Financial Markets

about this course

The purpose of financial markets is to help savers lend their funds to borrowers who will use it to buy a home or grow their business. Although such lending could occur directly, banks and other financial institutions usually act as intermediaries.

This course explores the securities issued to acquire funds, the markets on which they are traded, the role of financial intermediaries and regulation of the financial system.

Because the world financial system is as fragile as it is inter-connected, this course will also explore the causes and effects of the 2008 financial crisis. And it will examine the policy and regulatory options that could prevent another such crisis from occurring in the future.

what you will learn

When large numbers of homeowners began defaulting on their home mortgages in the late-2000s, banks had to write off the non-performing loans, resulting in a massive loss of capital.
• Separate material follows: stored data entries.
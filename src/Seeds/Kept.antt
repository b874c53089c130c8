-- ===== src/Seeds/Kept.antt =====
-- What a boot leaves alone (src/database/seeds/seed.service.ts).
use order_lifecycle_backend.Prelude.{
  ℕ, ◌≡◌, ap, ◌∙◌, inl, inr, String, false, List, [], ◌∷◌, ◌++◌, arith, ◌==◌, if◌then◌else◌,
  update_where, count_where, Bool-cases, find_by, some,
}
use order_lifecycle_backend.Entities.{Product}
use order_lifecycle_backend.Products.{product_id}
use order_lifecycle_backend.Seeds.{
  Shop, catalog, retired_skus, is_retirable, switch_off, seed_products, retire_old_products, boot,
}
use order_lifecycle_backend.Seeds.Boot.{seeded-products}

find-switch_off :
    (skus : List String) (i : ℕ) (ps : List Product) (p : Product)
    → find_by product_id i ps ≡ some p
    → find_by product_id i (update_where (is_retirable skus) switch_off ps)
      ≡ some (if is_retirable skus p then switch_off p else p)
find-switch_off skus i [] p e = cc
find-switch_off skus i (q ∷ ps) p e = elim (Bool-cases (q.id == i)) [
  | inl hit ↦ ground arith
  | inr miss ↦ elim (Bool-cases (is_retirable skus q)) [
    | inl off ↦ ground (arith, find-switch_off skus i ps p)
    | inr on ↦ ground (arith, find-switch_off skus i ps p)
  ]
]

none_left-found :
    (skus : List String) (i : ℕ) (ps : List Product) (p : Product)
    → count_where (is_retirable skus) ps ≡ 0
    → find_by product_id i ps ≡ some p
    → is_retirable skus p ≡ false
none_left-found skus i [] p h e = cc
none_left-found skus i (q ∷ ps) p h e = ground (arith, none_left-found skus i ps p)

find-append :
    (i : ℕ) (ps qs : List Product) (p : Product)
    → find_by product_id i ps ≡ some p
    → find_by product_id i (ps ++ qs) ≡ some p
find-append i [] qs p e = cc
find-append i (q ∷ ps) qs p e = ground (arith, find-append i ps qs p)

find-retire :
    (skus : List String) (i : ℕ) (s : Shop) (p : Product)
    → find_by product_id i s.products ≡ some p
    → find_by product_id i (retire_old_products skus s).products
      ≡ some (if is_retirable skus p then switch_off p else p)
unfolding retire_old_products
find-retire skus i s p e = elim (Bool-cases (count_where (is_retirable skus) s.products == 0)) [
  | inl none_left ↦ ground (arith, none_left-found skus i s.products p)
  | inr some_left ↦ ground (arith, find-switch_off skus i s.products p e)
]

-- A boot leaves a product that is there as it is, its stock included, but for one that is on
-- sale under a retired SKU, which it switches off.
pub boot-keeps :
    (random_uuid : ℕ → ℕ) (s : Shop) (i : ℕ) (p : Product)
    → find_by product_id i s.products ≡ some p
    → find_by product_id i (boot random_uuid s).products
      ≡ some (if is_retirable retired_skus p then switch_off p else p)
unfolding boot
boot-keeps random_uuid s i p e =
    find-retire retired_skus i (seed_products random_uuid catalog s) p (
      ap (find_by product_id i) (seeded-products random_uuid s catalog)
      ∙ find-append i s.products _ p e)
And because banks are reluctant to raise capital, they reduce their portfolio of loans instead.

The effect on banks' balance sheets was similar to that of an monetary contraction, but the macroeconomic effects were very different. The Federal Reserve kept the money supply afloat, but the non-performing loans triggered a recession as investment collapsed and interest rates fell to record lows.

When real interest rates fall to zero, there is no longer any scope for monetary policy to stimulate the economy out of recession. Fiscal policy, on the other hand, is extraordinarily effective because increased government spending and/or reduced rates of taxation boosts aggregate demand without raising interest rates enough to crowd out investment.